**Problem to work on:**
In the records, each line holding "then" must be reported.

Stored data:

━━━━━━━━━━━━━━━━

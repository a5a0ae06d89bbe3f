-- ===== src/Proxy/Serve.antt =====
-- proxy/http_handler.go: `serveOneRequest`, as the list of what it does, in order. The upstream is
-- given by what its dial and its exchange come to; a response streams in chunks.
use casdoor_aiguard.Common.{ℕ, Bool, Option, none, some, List, [], ◌∷◌, ◌++◌, if◌then◌else◌}
use casdoor_aiguard.Common.Text.{Str, ◌==◌, codes}
use casdoor_aiguard.Event.Capture.{capture_string, capture_all, empty_capture}
use casdoor_aiguard.Event.{Event, attach_response, max_capture_bytes}
use casdoor_aiguard.Http.{Request}
use casdoor_aiguard.Pdp.{Client, Network, Result, ok, err}
use casdoor_aiguard.Policy.{Policy, action_deny}
use casdoor_aiguard.Proxy.Decision.{Ruling, Exchange, decide}
use casdoor_aiguard.Recognizers.{Recognizer}
use casdoor_aiguard.Settings.{Settings}

-- The request that is sent on: where to, and with which body. The scheme and the host that
-- `forwardRequest` completes its URL with are those of `use_tls` and `host`.
pub record Forwarded : Type 0 where
  pub host : Str
  pub dial_addr : Str
  pub use_tls : Bool
  pub request : Request
  pub body : Str

pub record Response : Type 0 where
  pub status : ℕ
  pub chunks : List Str

-- A JSON answer of aiguard's own: its error, and the field that explains it.
pub record OwnAnswer : Type 0 where
  pub status : ℕ
  pub error : Str
  pub detail : Str

pub data Effect : Type 0 where
  -- Written to an open connection to the upstream, if perhaps not to its end.
  forward : Forwarded → Effect
  answer : OwnAnswer → Effect
  relay : Response → Effect
  record_event : Event → Effect

abbrev pub status_forbidden : ℕ
status_forbidden = 403

abbrev pub status_bad_gateway : ℕ
status_bad_gateway = 502

-- The upstream: whether a dial fails, and what becomes of a request that is written to the connection.
-- An error of the exchange may be one of the write, midway, or one of the read of the response.
pub record Upstream : Type 0 where
  pub dial : Forwarded → Option Str
  pub exchange : Forwarded → Result Response

-- `forwardRequest` behind the dial, given its error
unfoldable pub dialled : Upstream → Forwarded → Option Str → List Effect × Result Response
dialled u f (some e) = ([], err e)
dialled u f none = (forward f ∷ [], u.exchange f)

-- `forwardRequest`
unfoldable pub forward_request : Upstream → Forwarded → List Effect × Result Response
unfolding dialled
forward_request u f = dialled u f (u.dial f)

-- What follows `forwardRequest`.
unfoldable pub finish : Event → List Effect × Result Response → List Effect
unfolding attach_response capture_string capture_all
finish ev (sent, err e) =
    sent
    ++ answer
        (record { status = status_bad_gateway; error = codes "upstream_unreachable"; detail = e })
      ∷ record_event (attach_response ev status_bad_gateway e)
      ∷ []
finish ev (sent, ok r) =
    sent
    ++ relay r
      ∷ record_event (
          attach_response ev r.status
            (capture_string (capture_all (empty_capture max_capture_bytes) r.chunks)))
      ∷ []

unfoldable pub serve_ruling : Upstream → Exchange → Str → Bool → Ruling → List Effect
unfolding finish attach_response forward_request ◌==◌
serve_ruling upstream x dial_addr use_tls r =
    let f : Forwarded = record {
      host = x.host;
      dial_addr = dial_addr;
      use_tls = use_tls;
      request = x.request;
      body = x.body;
    } in
    if r.action == action_deny
    then answer (record {
      status = status_forbidden;
      error = codes "blocked_by_aiguard";
      detail = r.reason;
    })
      ∷ record_event (attach_response r.event status_forbidden r.reason)
      ∷ []
    else finish r.event (forward_request upstream f)

-- `serveOneRequest`
unfoldable pub serve_one_request :
    List Recognizer
    → Network
    → Settings
    → Policy
    → Upstream
    → Exchange
    → Str
    → Bool
    → Client
    → List Effect × Client
unfolding serve_ruling decide
serve_one_request registry net s p upstream x dial_addr use_tls c =
    let (r, c') = decide registry net s p x c in (serve_ruling upstream x dial_addr use_tls r, c')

━━━━━━━━━━━━━━━━

**Problem solution:**
use casdoor_aiguard.Common.{ℕ, Bool, Option, none, some, List, [], ◌∷◌, ◌++◌, if◌then◌else◌}
    then answer (record {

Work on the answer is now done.